Une attaque n'a heureusement pas fait de victimes. Deux terroristes se sont fait exploser dans un centre social hébraïque, fermé ce jour-là. La majorité des victimes sont marocaines, et la France et l'Espagne sont les seuls autres pays à avoir perdu des ressortissants.

"Ce moment restera gravé dans ma mémoire"

"Je resterai à jamais hanté par le souvenir de cette funeste soirée du 16 mai 2003", confiait Mhammed Mahboub au magazine Maroc Hebdo. Grièvement blessé lors des attentats, Mhammed a "eu la mâchoire et plusieurs membres brisés, mon corps est toujours criblé d’éclats métalliques. J’ai vu des gens se faire déchiqueter, certains ont été décapités, d’autres ont perdu leurs bras ou jambes", témoignait-il.

Le souvenir des attentats ne le quittera pas. "Chaque nuit je fais des cauchemars.

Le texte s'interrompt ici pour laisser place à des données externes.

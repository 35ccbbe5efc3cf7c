-- ===== src/Peppol/Build/Security.antt =====
-- The tokens, the encrypted key and the encrypted data of a built message:
-- as4/profiles/peppol/message.py.
use as_lib.Base.{String, ◌<>◌, Option, none, some, List, [], ◌∷◌, map, string_eq, option_eq}
use as_lib.Platform.{Bytes}
use as_lib.Environment.{Environment}
use as_lib.Models.KeyInfo.{KeyInfo}
use as_lib.Models.Tokens.{BinarySecurityToken, SecurityTokenReference}
use as_lib.Models.Xenc.{DataReference, EncryptedKey, EncryptedType}
use as_lib.Dsig.{digest_sha256}
use as_lib.Documents.{x509v3}
use as_lib.Parties.{As4ExternalParty, As4InternalParty}
use as_lib.References.{As4References}
use as_lib.Message.Decryption.{aes128_gcm, rsa_oaep}

-- `KeyInfo(key_info_id=…, security_token_reference=[…])`
abbrev pub key_info_of : Option String → SecurityTokenReference → KeyInfo
key_info_of id r = record {
  key_info_id = id;
  key_name = [];
  key_value = [];
  retrieval_method = [];
  x509_data = [];
  pgp_data = [];
  spki_data = [];
  mgmt_data = [];
  security_token_reference = r ∷ [];
}

-- The `EncryptedData` of one attachment of the references' map.
unfoldable pub encrypted_part : As4References → String × String → EncryptedType
encrypted_part references (attachment_part_id, encrypted_data_id) = record {
  encryption_method = record { algorithm = aes128_gcm; digest_method = none; mgf = none };
  key_info = key_info_of none (record {
    security_token_reference_id = none;
    usage = "";
    reference = record { uri = some ("#" <> references.encrypted_key_id); value_type = none };
    token_type =
        some "http://docs.oasis-open.org/wss/oasis-wss-soap-message-security-1.1#EncryptedKey";
  });
  cipher_data = record {
    cipher_value = none;
    cipher_reference = some (record {
      transforms = record {
        transforms =
            record {
              etree_element = none;
              algorithm =
                  some
                    "http://docs.oasis-open.org/wss/oasis-wss-SwAProfile-1.1#Attachment-Ciphertext-Transform";
            }
            ∷ [];
      };
      uri = some ("cid:" <> attachment_part_id);
    });
  };
  encryption_properties = [];
  encrypted_type_id = some encrypted_data_id;
  type_value =
      some "http://docs.oasis-open.org/wss/oasis-wss-SwAProfile-1.1#Attachment-Content-Only";
  mime_type = some "application/gzip";
  encoding = none;
}

unfoldable pub get_encrypted_data : As4References → List EncryptedType
unfolding encrypted_part
get_encrypted_data references =
    map (encrypted_part references) references.attachment_id_encrypted_data_id_map

-- `XencReference(uri=f"#{encrypted_data_id}")`
abbrev pub data_reference : String × String → DataReference
data_reference entry = record { uri = some ("#" <> entry.1) }

module _ (env : Environment) where
  unfoldable pub get_encrypted_key : As4References → Bytes → EncryptedKey
  get_encrypted_key references encrypted_session_key = record {
    encrypted_type = record {
      encryption_method = record {
        algorithm = rsa_oaep;
        digest_method = some (record { algorithm = digest_sha256 });
        mgf = some (record { algorithm = "http://www.w3.org/2009/xmlenc11#mgf1sha256" });
      };
      key_info = key_info_of none (record {
        security_token_reference_id = none;
        usage = "";
        reference = record {
          uri = some ("#" <> references.encrypted_key_bst_id);
          value_type = some x509v3;
        };
        token_type = none;
      });
      cipher_data = record {
        cipher_value = some (record { value = some (env.crypto.b64encode encrypted_session_key) });
        cipher_reference = none;
      };
      encryption_properties = [];
      encrypted_type_id = some references.encrypted_key_id;
      type_value = some "";
      mime_type = some "";
      encoding = some "";
    };
    reference_list = record {
      data_reference = map data_reference references.attachment_id_encrypted_data_id_map;
      key_reference = [];
    };
    carried_key_name = [];
    recipient = none;
  }

  -- `get_remote_binary_security_token` and `get_local_binary_security_token` differ in the id and in
  -- the party.
  abbrev token_for : String → Bytes → BinarySecurityToken
  token_for id der = record {
    encoding_type =
        "http://docs.oasis-open.org/wss/2004/01/oasis-200401-wss-soap-message-security-1.0#Base64Binary";
    value_type = x509v3;
    bst_id = id;
    value = env.crypto.b64encode der;
  }

  unfoldable pub get_remote_binary_security_token :
      As4ExternalParty → As4References → BinarySecurityToken
  get_remote_binary_security_token remote_party references =
      token_for references.encrypted_key_bst_id remote_party.credentials.certificate.der

  unfoldable pub get_local_binary_security_token :
      As4InternalParty → As4References → BinarySecurityToken
  get_local_binary_security_token local_party references =
      token_for references.signature_bst_id local_party.credentials.certificate.der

L’autre fois, j’étais attablé dans un café de l’avenue Moulay Youssef à Casablanca quand, subitement, le tonnerre a grondé. Je me suis jeté à plat ventre. Les gens autour de moi ne se rendaient pas compte, ils riaient. Pour ma part, j’étais terrorisé. Au moindre mouvement brusque, ne serait-ce qu’un claquement de porte, je suis envahi par une effroyable peur. Ce sont des moments que je vis comme des exécutions répétitives. Car même si je ne suis pas mort physiquement lors des attentats, on m’a exécuté moralement", déclarait-il à Maroc Hebdo.

De son côté, le ministre de la Santé Houcine El Ouardi confiait au site d'information H24info.ma: "j'étais de garde au CHU de Casablanca: j'ai passé 3 jours sans sortir de l’hôpital. Je mangeais sur place. J'ai passé mon temps à soigner des victimes de l'attentat, recevoir des hommes et des femmes démembrés, des morceaux de corps humains. C'était la première fois, en tant que médecin de garde, que je devais faire face à une telle catastrophe. Ce moment restera gravé dans ma mémoire. J'étais ahuri, sidéré de voir de telles choses", se remémorait-il.

Revenant sur les attentats, le footballeur Abdelaziz Bouderbala déclarait à H24info.ma: "j’habitais sur le boulevard Zerktouni à l’époque, non loin du restaurant Casa España. On a entendu l’explosion mais on ne savait pas ce qui se passait sur le coup. En regardant les infos, on a confirmation que c’était une explosion. J’ai tout de suite appelé ma famille pour avoir de leurs nouvelles. Ca m’a affecté, on n’a pas seulement passé une nuit blanche mais des nuits blanches. Un grand footballeur marocain a perdu la vie dans les attentats (Abdellatif Beggar). Il dinait avec un de ses amis au restaurant la Casa España. Sous le choc, je n'arrivais pas à croire ce qui se passait."